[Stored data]

########

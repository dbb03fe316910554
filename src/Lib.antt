-- ===== src/Lib.antt =====
-- The TypeScript core of the project server's two web clients, modelled and verified.
--
-- The program. `web/` is the web interface of the project server: it reads a project's code map, its
-- requirements and its settings over HTTP, and shows them. `pcs-control-panel-project/` is a second
-- interface, with a copy of the code map's merge and with the plans and their tasks. Both keep their
-- logic apart from React: the code map is merged, one response after another, into a graph that the
-- views read; the plans' tasks are tested for readiness and laid out in layers; each interface has a
-- client that builds its requests and checks what comes back; and the shell of the web interface reads
-- its routes, and highlights source text.
--
-- Where each part is modelled:
--   Js/        strings as lists of UTF-16 code units (Str), sets and maps in the order of insertion
--              (Set, Map), JSON values (Json), numbers of forms (Number), and the stable sort (Sort): the values of the language
--              that the code uses
--   Api/       the shapes of web/src/api/types.ts, and of the plans in
--              pcs-control-panel-project/lib/api-client-react/src/generated/api.schemas.ts
--   CodeMap/   web/src/lib/codemap.ts, with the merge of
--              pcs-control-panel-project/artifacts/pcs-control-panel/src/lib/codemap.ts under the
--              name panel_merge_code_map. Graph has the state (nodes, edges, loaded scopes) and
--              mergeCodeMap; Invariant and Fans its well-formedness; Merge what a response can change;
--              Locate has locateHit and the loop `locate` of web/src/views/CodeMapView.tsx; Overlay
--              and Related have overlayTone and relatedEntries; Doc has web/src/lib/codemapDoc.ts; Tree
--              has the tree of the control panel's App.tsx
--   PlanTasks/ pcs-control-panel-project/artifacts/pcs-control-panel/src/lib/planTasks.ts: leases and
--              readiness (Ready), and layoutDag (Dag); Dag/View has what DagView.tsx shows of it
--   Client/    web/src/api/client.ts: Request has `request`, Settings has parseAiSettings, Endpoints
--              and Requirements have the request of each endpoint's function, and Calls has the calls
--              that check their response; Paths has what a path says
--   Claims     pcs-control-panel-project/artifacts/pcs-control-panel/src/pages/Plans.tsx: the tokens of
--              claimed tasks, and the handlers of the server's answers; History has runs of answers
--   TaskCard   pcs-control-panel-project/artifacts/pcs-control-panel/src/components/plans/TaskCard.tsx:
--              the buttons of a task's card and what Plans.tsx does at a press; Authority has what the
--              tokens of Claims permit, Countdown the time that is left
--   PlanForms  the forms of Plans.tsx: Sent has what they send, Selection which plan is shown
--   PlanDialogs AiPlanDraftModal.tsx and ClaimModal.tsx of the same folder as TaskCard.tsx: Review has
--              the drafted plan and its approval, Claimed the dialog of a claim
--   PanelQueries the query keys of pcs-control-panel-project/lib/api-client-react/src/generated/api.ts
--              and what the edits of App.tsx and Plans.tsx there invalidate of them (Refreshed)
--   PanelHome  pcs-control-panel-project/artifacts/pcs-control-panel/src/App.tsx: the registration and
--              the deletion of projects (Confirmed)
--   PanelSettings the same file: the cards of the AI providers (Saved, Opened) and of the admin token, which
--              the requests of Fetch/ carry (AdminToken)
--   TokenSavings lib/tokenSavings.ts of the control panel; Impact has the order of its breakdown
--   ErrorBoundary components/error-boundary.tsx of the control panel; Cleared what clears an error
--   WebForms   the forms of web/src/components and web/src/views, and what they hand on (Handed)
--   Compliance/ web/src/hooks/useRequirementCompliance.ts: the batches of a compliance review
--              (Batches) and what their aggregate says (Complete); it sends the requests of Client/;
--              and Labels, of web/src/components/RequirementCompliance.tsx
--   Drafts/    pcs-control-panel-project/artifacts/pcs-control-panel/src/lib/planDraft.ts: a drafted
--              plan as the tasks of the dependency view (Prerequisites, Layers), which PlanTasks lays
--              out, and as the input of its creation
--   Fetch/     pcs-control-panel-project/lib/api-client-react/src/custom-fetch.ts: the tests on
--              responses (Media), the errors and their messages (Errors, Message), the readers of
--              bodies (Bodies), what is handed to `fetch` (Requests, Headers, Prepared, Tokens), and
--              customFetch itself (Calls, Answered)
--   Hooks/     web/src/hooks: Queries and Mutations have what the hooks hand to the query library, with
--              the requests of Client/ and the keys of Router; Owned and Fresh what holds of them
--   Highlight/ web/src/lib/highlight.ts: Pieces has what the scanner cuts off at each step, Tokens the
--              list of tokens, Lossless the whole run
--   Toasts/    pcs-control-panel-project/artifacts/pcs-control-panel/src/hooks/use-toast.ts: the
--              reducer and the timers; Reach has the runs, as sequences of actions and expiries,
--              SingleSlot the machine with one slot that they refine, Calls `toast` and `dismiss`
--   SettingsForm web/src/views/AiSettingsView.tsx: the forms of the AI settings, and their secrets
--              (Secrets)
--   Summaries  web/src/lib/requirements.ts, web/src/lib/semantic.ts, and features.ts and
--              deleteProject.ts of pcs-control-panel-project/artifacts/pcs-control-panel/src/lib; Filters
--              has the requirements page and the load errors of App.tsx there
--   Router     web/src/routes.ts, matchPath of web/src/router/context.ts, and the keys and
--              isRefreshable of web/src/api/queryKeys.ts; Shell and Landing have `resolve` and `App`
--              of web/src/App.tsx
-- A function keeps its name, in lower case with underscores.
--
-- Bounds and fuel. Counts, sizes and line numbers are natural numbers without a bound. layoutDag's
-- recursion runs on fuel, one more than the number of tasks, and is proved never to use it up. The
-- loop `locate` runs at most the five rounds of the source. The highlighter runs on one unit of fuel
-- more than the source has code units, with `none` where it runs out, and chunksOf on the number of
-- identifiers; both are proved to be enough, since nothing of the source or the list is left.
--
-- What the runtime provides is a parameter: the parser of dates, `fetch`, `encodeURIComponent`,
-- `decodeURIComponent`, `URLSearchParams.toString`, `JSON.stringify`, `JSON.parse`, `new URL`, `String`
-- of a number, `toLowerCase`, `toUpperCase`, `localeCompare`, `Number.isFinite`, and the type of
-- numbers that need not be natural. The server's answers to `locate` and to the compliance review, and
-- the control panel's token getters, are parameters too.
--
-- Not modelled: the query library; React components and pages, but for the parts above; the vendored
-- ui folders; generated clients; the server in Python; downloads through the DOM; asynchrony, where a
-- promise is its outcome; the error that `encodeURIComponent` throws at a lone surrogate; dates before
-- 1970; what `Headers.set` makes of a value, which it rids of white space at its ends or refuses; a
-- second submit of a settings form while one is under way, for which its button is disabled. Default
-- arguments are given by callers.
pub mod Prelude
pub mod Js
pub mod Api
pub mod Claims
pub mod TaskCard
pub mod PlanForms
pub mod PlanDialogs
pub mod Client
pub mod CodeMap
pub mod Compliance
pub mod Drafts
pub mod Fetch
pub mod Highlight
pub mod Hooks
pub mod PanelQueries
pub mod PanelSettings
pub mod PanelHome
pub mod PlanTasks
pub mod Router
pub mod SettingsForm
pub mod Summaries
pub mod Toasts
pub mod TokenSavings
pub mod WebForms
pub mod ErrorBoundary
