-- ===== src/Api.antt =====
-- web/src/api: the shapes of the HTTP API.
pub mod Types
pub mod Plans
pub mod Settings
pub mod Projects
pub mod Requirements
pub mod Search
pub mod Compliance
pub mod Evidence
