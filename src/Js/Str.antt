-- ===== src/Js/Str.antt =====
-- JavaScript strings, as lists of UTF-16 code units, with the methods that the clients call.
use Prim.Native.Char.{code}
use Prim.Native.String.{String}
use mcp_project_server.Prelude.{
  length, drop, ◌-◌, ℕ, ◌≡◌, refl, sym, ap, ◌⊎◌, inl, inr, Bool-cases, ==_iff, ◌↔◌, Bool, true,
  false, ◌&&◌, ◌||◌, List, [], ◌∷◌, ◌++◌, arith, subst, leb, ◌==◌, if◌then◌else◌,
}

abbrev pub Str : Type 0
Str = List ℕ

-- The code units of a literal of the basic multilingual plane.
abbrev pub codes : String → Str
codes String.[] = []
codes (String.◌∷◌ c s) = code c ∷ codes s

-- `s === t`
unfoldable pub str_eq : Str → Str → Bool
str_eq [] [] = true
str_eq [] (_ ∷ _) = false
str_eq (_ ∷ _) [] = false
str_eq (a ∷ s) (b ∷ t) = a == b && str_eq s t

-- `s.startsWith(p)`
unfoldable pub starts_with : Str → Str → Bool
starts_with _ [] = true
starts_with [] (_ ∷ _) = false
starts_with (c ∷ s) (d ∷ p) = c == d && starts_with s p

-- `s.endsWith(p)`
unfoldable pub ends_with : Str → Str → Bool
unfolding str_eq
ends_with s p = leb (length p) (length s) && str_eq (drop (length s - length p) s) p

-- `s.includes(p)`
unfoldable pub includes : Str → Str → Bool
unfolding starts_with
includes [] p = starts_with [] p
includes (c ∷ s) p = starts_with (c ∷ s) p || includes s p

abbrev cons_first : ℕ → List Str → List Str
cons_first c [] = (c ∷ []) ∷ []
cons_first c (p ∷ ps) = (c ∷ p) ∷ ps

-- `s.split(sep)` at a separator of one code unit
unfoldable pub split : ℕ → Str → List Str
split sep [] = [] ∷ []
split sep (c ∷ s) = let rest = split sep s in if c == sep then [] ∷ rest else cons_first c rest

-- Removes the longest prefix, and the longest suffix, of code units that pass the test.
unfoldable pub trim_start : (ℕ → Bool) → Str → Str
trim_start p [] = []
trim_start p (c ∷ s) = let rest = trim_start p s in if p c then rest else c ∷ s

unfoldable pub trim_end : (ℕ → Bool) → Str → Str
trim_end p [] = []
trim_end p (c ∷ s) = elim (trim_end p s) [ [] ↦ if p c then [] else c ∷ [] | d ∷ r ↦ c ∷ d ∷ r ]

-- White space and line terminators of ECMAScript.
unfoldable pub is_space : ℕ → Bool
is_space c =
    (leb 9 c && leb c 13)
    || c == 32
    || c == 0xa0
    || c == 0x1680
    || (leb 0x2000 c && leb c 0x200a)
    || c == 0x2028
    || c == 0x2029
    || c == 0x202f
    || c == 0x205f
    || c == 0x3000
    || c == 0xfeff

-- `s.trim()`
unfoldable pub trim : Str → Str
unfolding trim_start trim_end is_space
trim s = trim_end is_space (trim_start is_space s)

pub str_eq_refl : (s : Str) → str_eq s s ≡ true
unfolding str_eq
str_eq_refl [] = refl
str_eq_refl (c ∷ s) = ground (arith, str_eq_refl s)

pub str_eq_sound : (s t : Str) → str_eq s t ≡ true → s ≡ t
unfolding str_eq
str_eq_sound [] [] h = refl
str_eq_sound [] (d ∷ t) h = ground arith
str_eq_sound (c ∷ s) [] h = ground arith
str_eq_sound (c ∷ s) (d ∷ t) h = ground (arith, str_eq_sound s t)

pub str_eq_iff : (s t : Str) → (str_eq s t ≡ true) ↔ (s ≡ t)
str_eq_iff s t = (str_eq_sound s t, λ e. subst (λ u. str_eq s u ≡ true) e (str_eq_refl s))

starts_with_sound : (s p : Str) → starts_with s p ≡ true → (r : Str) × (s ≡ p ++ r)
unfolding starts_with
starts_with_sound s [] h = (s, refl)
starts_with_sound [] (d ∷ p) h = absurd (cc)
starts_with_sound (c ∷ s) (d ∷ p) h =
    let (r, e) = starts_with_sound s p (ground arith) in (r, ground arith)

pub starts_with-append : (p r : Str) → starts_with (p ++ r) p ≡ true
unfolding starts_with
starts_with-append [] r = refl
starts_with-append (d ∷ p) r = ground (arith, starts_with-append p r)

pub starts_with_iff : (s p : Str) → (starts_with s p ≡ true) ↔ ((r : Str) × (s ≡ p ++ r))
starts_with_iff s p = (
  starts_with_sound s p,
  λ (r, e). subst (λ u. starts_with u p ≡ true) (sym e) (starts_with-append p r),
)

-- A split has a first part: all of the text, or what stands before the first separator.
pub split_head :
    (sep : ℕ) (s : Str)
    → (p : Str) × (ps : List Str) × (split sep s ≡ p ∷ ps)
      × ((s ≡ p) ⊎ ((r : Str) × (s ≡ p ++ sep ∷ r)))
unfolding split
split_head sep [] = ([], [], refl, inl refl)
split_head sep (c ∷ s) =
    let (p, ps, parts, cut) = split_head sep s in
    elim (Bool-cases (c == sep)) [
      | inl same ↦
          ([], split sep s, rw same refl, inr (s, ap (λ (x : ℕ). x ∷ s) ((==_iff c sep).0 same)))
      | inr other ↦ (
        c ∷ p,
        ps,
        rw (other, parts) refl,
        elim cut [
          | inl whole ↦ inl (ap (λ (t : Str). c ∷ t) whole)
          | inr (r, e) ↦ inr (r, ap (λ (t : Str). c ∷ t) e)
        ],
      )
    ]
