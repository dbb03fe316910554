-- ===== src/Js/Set.antt =====
-- A JavaScript `Set` of strings: its elements in the order of insertion. `has` also stands for
-- `Array.prototype.includes`.
use mcp_project_server.Prelude.{
  true, suc, ◌≤◌, length, All, ◌≡◌, refl, Bool, false, ◌||◌, List, [], ◌∷◌, ◌++◌, arith,
  if◌then◌else◌,
}
use mcp_project_server.Js.Str.{Str, str_eq, str_eq_iff}

unfoldable pub has : List Str → Str → Bool
has [] s = false
has (x ∷ xs) s = str_eq x s || has xs s

unfoldable pub add : List Str → Str → List Str
unfolding has
add xs s = if has xs s then xs else xs ++ s ∷ []

abbrev pub Distinct : List Str → Type 0
Distinct [] = Unit
Distinct (x ∷ xs) = (has xs x ≡ false) × Distinct xs

pub has-append : (xs ys : List Str) (s : Str) → has (xs ++ ys) s ≡ (has xs s || has ys s)
unfolding has
has-append [] ys s = refl
has-append (x ∷ xs) ys s = ground (arith, has-append xs ys s)

pub has-add : (xs : List Str) (s t : Str) → has (add xs s) t ≡ (str_eq s t || has xs t)
unfolding has add
has-add xs s t = ground (arith, has-append xs (s ∷ []) t, str_eq_iff s t)

pub Distinct-snoc :
    (xs : List Str) (s : Str) → Distinct xs → has xs s ≡ false → Distinct (xs ++ s ∷ [])
unfolding has
Distinct-snoc [] s d h = (refl, tt)
Distinct-snoc (x ∷ xs) s (p, d) h = (
  ground (arith, has-append xs (s ∷ []) x, str_eq_iff x s, str_eq_iff s x),
  Distinct-snoc xs s d (ground arith),
)

pub add-Distinct : (xs : List Str) (s : Str) → Distinct xs → Distinct (add xs s)
unfolding add
add-Distinct xs s d = ground (arith, Distinct-snoc xs s d)

-- The set without one element.
remove : List Str → Str → List Str
remove [] s = []
remove (x ∷ xs) s = if str_eq x s then xs else x ∷ remove xs s

length-remove : (xs : List Str) (s : Str) → has xs s ≡ true → suc (length (remove xs s)) ≡ length xs
unfolding has remove
length-remove [] s h = absurd (cc)
length-remove (x ∷ xs) s h = ground (arith, length-remove xs s)

has-remove :
    (xs : List Str) (s t : Str) → has xs t ≡ true → str_eq s t ≡ false → has (remove xs s) t ≡ true
unfolding has remove
has-remove [] s t h ne = h
has-remove (x ∷ xs) s t h ne =
    ground (arith, has-remove xs s t, str_eq_iff x s, str_eq_iff x t, str_eq_iff s t)

All-has-remove :
    (xs ys : List Str) (s : Str)
    → has xs s ≡ false
    → All (λ x. has ys x ≡ true) xs
    → All (λ x. has (remove ys s) x ≡ true) xs
unfolding has
All-has-remove [] ys s out h = tt
All-has-remove (x ∷ xs) ys s out (p, h) = (
  has-remove ys s x p (ground (arith, str_eq_iff x s, str_eq_iff s x)),
  All-has-remove xs ys s (ground arith) h,
)

-- A set of elements of another list has at most its length.
pub length-le_of_subset :
    (xs ys : List Str) → Distinct xs → All (λ x. has ys x ≡ true) xs → length xs ≤ length ys
length-le_of_subset [] ys d h = omega arith
length-le_of_subset (x ∷ xs) ys (out, d) (p, h) = omega (
  arith,
  length-remove ys x p,
  length-le_of_subset xs (remove ys x) d (All-has-remove xs ys x out h),
)
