-- ===== src/Js/Map.antt =====
-- A JavaScript `Map` with string keys: its entries in the order of insertion, which writes to a
-- present key keep.
use mathlib.Core.Option
use mcp_project_server.Prelude.{
  true, suc, ◌+◌, ◌≤◌, length, ◌≡◌, ◌≢◌, refl, Option, none, some, List, [], ◌∷◌, foldl, All, In,
  arith, if◌then◌else◌, Bool-cases, inl, inr, subst₂,
}
use mcp_project_server.Js.Str.{Str, str_eq, str_eq_iff}
use mcp_project_server.Js.Set.{has}

abbrev pub Map {ℓ} : Type ℓ → Type ℓ
Map V = List (Str × V)

module _ {ℓ} {V : Type ℓ} where
  unfoldable pub get : Map V → Str → Option V
  get [] k = none
  get ((j, v) ∷ m) k = if str_eq j k then some v else get m k

  unfoldable pub put : Map V → Str → V → Map V
  put [] k v = (k, v) ∷ []
  put ((j, w) ∷ m) k v = if str_eq j k then (k, v) ∷ m else (j, w) ∷ put m k v

  unfoldable pub delete : Map V → Str → Map V
  delete [] k = []
  delete ((j, v) ∷ m) k = let rest = delete m k in if str_eq j k then rest else (j, v) ∷ rest

  unfoldable pub values : Map V → List V
  values [] = []
  values ((_, v) ∷ m) = v ∷ values m

  -- `for (const [key, value] of map) map.set(key, f(key, value))`
  unfoldable pub update_all : (Str → V → V) → Map V → Map V
  update_all f [] = []
  update_all f ((k, v) ∷ m) = (k, f k v) ∷ update_all f m

  -- `new Map(entries)`
  unfoldable pub from_entries : List (Str × V) → Map V
  unfolding put
  from_entries = foldl (λ m e. put m e.0 e.1) []

  abbrev pub HasDistinctKeys : Map V → Type ℓ
  HasDistinctKeys [] = Unit
  HasDistinctKeys ((k, _) ∷ m) = (get m k ≡ none) × HasDistinctKeys m

  pub get-put :
      (m : Map V) (k j : Str) (v : V) → get (put m k v) j ≡ (if str_eq k j then some v else get m j)
  unfolding get put
  get-put [] k j v = refl
  get-put ((i, w) ∷ m) k j v =
      ground (arith, get-put m k j v, str_eq_iff i k, str_eq_iff i j, str_eq_iff k j)

  pub get-delete :
      (m : Map V) (k j : Str) → get (delete m k) j ≡ (if str_eq k j then none else get m j)
  unfolding get delete
  get-delete [] k j = ground arith
  get-delete ((i, w) ∷ m) k j =
      ground (arith, get-delete m k j, str_eq_iff i k, str_eq_iff i j, str_eq_iff k j)

  pub get-update_all :
      (f : Str → V → V) (m : Map V) (k : Str) → get (update_all f m) k ≡ Option.map (f k) (get m k)
  unfolding get update_all
  get-update_all f [] k = refl
  get-update_all f ((j, v) ∷ m) k = ground (arith, get-update_all f m k, str_eq_iff j k)

  pub put-HasDistinctKeys :
      (m : Map V) (k : Str) (v : V) → HasDistinctKeys m → HasDistinctKeys (put m k v)
  unfolding get put
  put-HasDistinctKeys [] k v h = (refl, tt)
  put-HasDistinctKeys ((j, w) ∷ m) k v h =
      ground (arith, put-HasDistinctKeys m k v, get-put m k j v, str_eq_iff j k, str_eq_iff k j)

  pub delete-HasDistinctKeys :
      (m : Map V) (k : Str) → HasDistinctKeys m → HasDistinctKeys (delete m k)
  unfolding get delete
  delete-HasDistinctKeys [] k h = tt
  delete-HasDistinctKeys ((j, w) ∷ m) k h =
      ground (arith, delete-HasDistinctKeys m k, get-delete m k j)

  pub update_all-HasDistinctKeys :
      (f : Str → V → V) (m : Map V) → HasDistinctKeys m → HasDistinctKeys (update_all f m)
  unfolding get update_all
  update_all-HasDistinctKeys f [] h = tt
  update_all-HasDistinctKeys f ((j, w) ∷ m) h =
      ground (arith, update_all-HasDistinctKeys f m, get-update_all f m j)

module _ {ℓ κ} {V : Type ℓ} (P : Str → V → Type κ) where
  -- A property of every entry.
  abbrev pub Each : Map V → Type κ
  Each [] = Unit
  Each ((k, v) ∷ m) = P k v × Each m

  pub put-Each : (m : Map V) (k : Str) (v : V) → P k v → Each m → Each (put m k v)
  unfolding put
  put-Each [] k v p h = (p, tt)
  put-Each ((j, w) ∷ m) k v p h = ground (arith, put-Each m k v p)

  pub delete-Each : (m : Map V) (k : Str) → Each m → Each (delete m k)
  unfolding delete
  delete-Each [] k h = tt
  delete-Each ((j, w) ∷ m) k h = ground (arith, delete-Each m k)

  pub Each-get : (m : Map V) (k : Str) (v : V) → Each m → get m k ≡ some v → P k v
  unfolding get
  Each-get [] k v h e = absurd (cc)
  Each-get ((j, w) ∷ m) k v h e = elim (Bool-cases (str_eq j k)) [
    | inl same ↦
        let key : j ≡ k = (str_eq_iff j k).0 same in
        let val : w ≡ v = ground arith in subst₂ P key val h.0
    | inr other ↦ Each-get m k v h.1 (ground arith)
  ]

module _ {ℓ κ μ} {V : Type ℓ} (P : Str → V → Type κ) (Q : Str → V → Type μ) where
  -- The new values may have another property than the old ones.
  pub update_all-Each :
      (f : Str → V → V) (m : Map V)
      → ((k : Str) (v : V) → P k v → Q k (f k v))
      → Each P m
      → Each Q (update_all f m)
  unfolding update_all
  update_all-Each f [] s h = tt
  update_all-Each f ((j, w) ∷ m) s h = (s j w h.0, update_all-Each f m s h.1)

module _ {ℓ κ μ} {V : Type ℓ} (P : Str → V → Type κ) (Q : Str → V → Type μ) where
  pub Each-map : (m : Map V) → ((k : Str) (v : V) → P k v → Q k v) → Each P m → Each Q m
  Each-map [] f h = tt
  Each-map ((k, v) ∷ m) f h = (f k v h.0, Each-map m f h.1)

module _ {V : Type 0} (P : Str → V → Type 0) where
  -- A property of every entry that does not speak of the key holds of every value.
  pub Each-values :
      (Q : V → Type 0) (m : Map V) → ((k : Str) (v : V) → P k v → Q v) → Each P m → All Q (values m)
  unfolding values
  Each-values Q [] to h = tt
  Each-values Q ((k, v) ∷ m) to h = (to k v h.0, Each-values Q m to h.1)

pub get-In : {V : Type 0} (m : Map V) (k : Str) (v : V) → get m k ≡ some v → In v (values m)
unfolding get values
get-In [] k v e = absurd (cc)
get-In ((j, w) ∷ m) k v e = elim (Bool-cases (str_eq j k)) [
  | inl same ↦ inl (ground arith)
  | inr other ↦ inr (get-In m k v (ground arith))
]

pub Each-any {ℓ} : {V : Type ℓ} (m : Map V) → Each (λ k v. Unit {0}) m
Each-any [] = tt
Each-any ((k, v) ∷ m) = (tt, Each-any m)

module _ {ℓ κ} {V : Type ℓ} (P : Str → V → Type κ) where
  pub delete-Each_ne : (m : Map V) (k : Str) → Each P m → Each (λ j v. (j ≢ k) × P j v) (delete m k)
  unfolding delete
  delete-Each_ne [] k h = tt
  delete-Each_ne ((j, w) ∷ m) k h = elim (Bool-cases (str_eq j k)) [
    | inl same ↦ rw same (delete-Each_ne m k h.1)
    | inr other ↦ rw other ((ground (arith, str_eq_iff j k), h.0), delete-Each_ne m k h.1)
  ]

module _ {ℓ} {V : Type ℓ} where
  unfoldable pub keys : Map V → List Str
  keys [] = []
  keys ((k, _) ∷ m) = k ∷ keys m

  pub has-keys : (m : Map V) (k : Str) (v : V) → get m k ≡ some v → has (keys m) k ≡ true
  unfolding keys get has
  has-keys [] k v e = absurd (cc)
  has-keys ((j, w) ∷ m) k v e = ground (arith, has-keys m k v)

  length-keys-put :
      (m : Map V) (k : Str) (v : V) → length (keys (put m k v)) ≤ suc (length (keys m))
  unfolding keys put
  length-keys-put [] k v = omega arith
  length-keys-put ((j, w) ∷ m) k v = ground (arith, length-keys-put m k v)

  length-keys-foldl :
      (es : List (Str × V)) (m : Map V)
      → length (keys (foldl (λ m e. put m e.0 e.1) m es)) ≤ length es + length (keys m)
  length-keys-foldl [] m = omega arith
  length-keys-foldl ((k, v) ∷ es) m =
      omega (arith, length-keys-foldl es (put m k v), length-keys-put m k v)

  pub length-keys-from_entries : (es : List (Str × V)) → length (keys (from_entries es)) ≤ length es
  unfolding from_entries keys
  length-keys-from_entries es = omega (arith, length-keys-foldl es [])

########

Assignment> Which of the lines in the data hold the string "views"? Report each of them by copying it.

Reply to the task>
-- views read; the plans' tasks are tested for readiness and laid out in layers; each interface has a
--              Locate has locateHit and the loop `locate` of web/src/views/CodeMapView.tsx; Overlay
--   WebForms   the forms of web/src/components and web/src/views, and what they hand on (Handed)
--   SettingsForm web/src/views/AiSettingsView.tsx: the forms of the AI settings, and their secrets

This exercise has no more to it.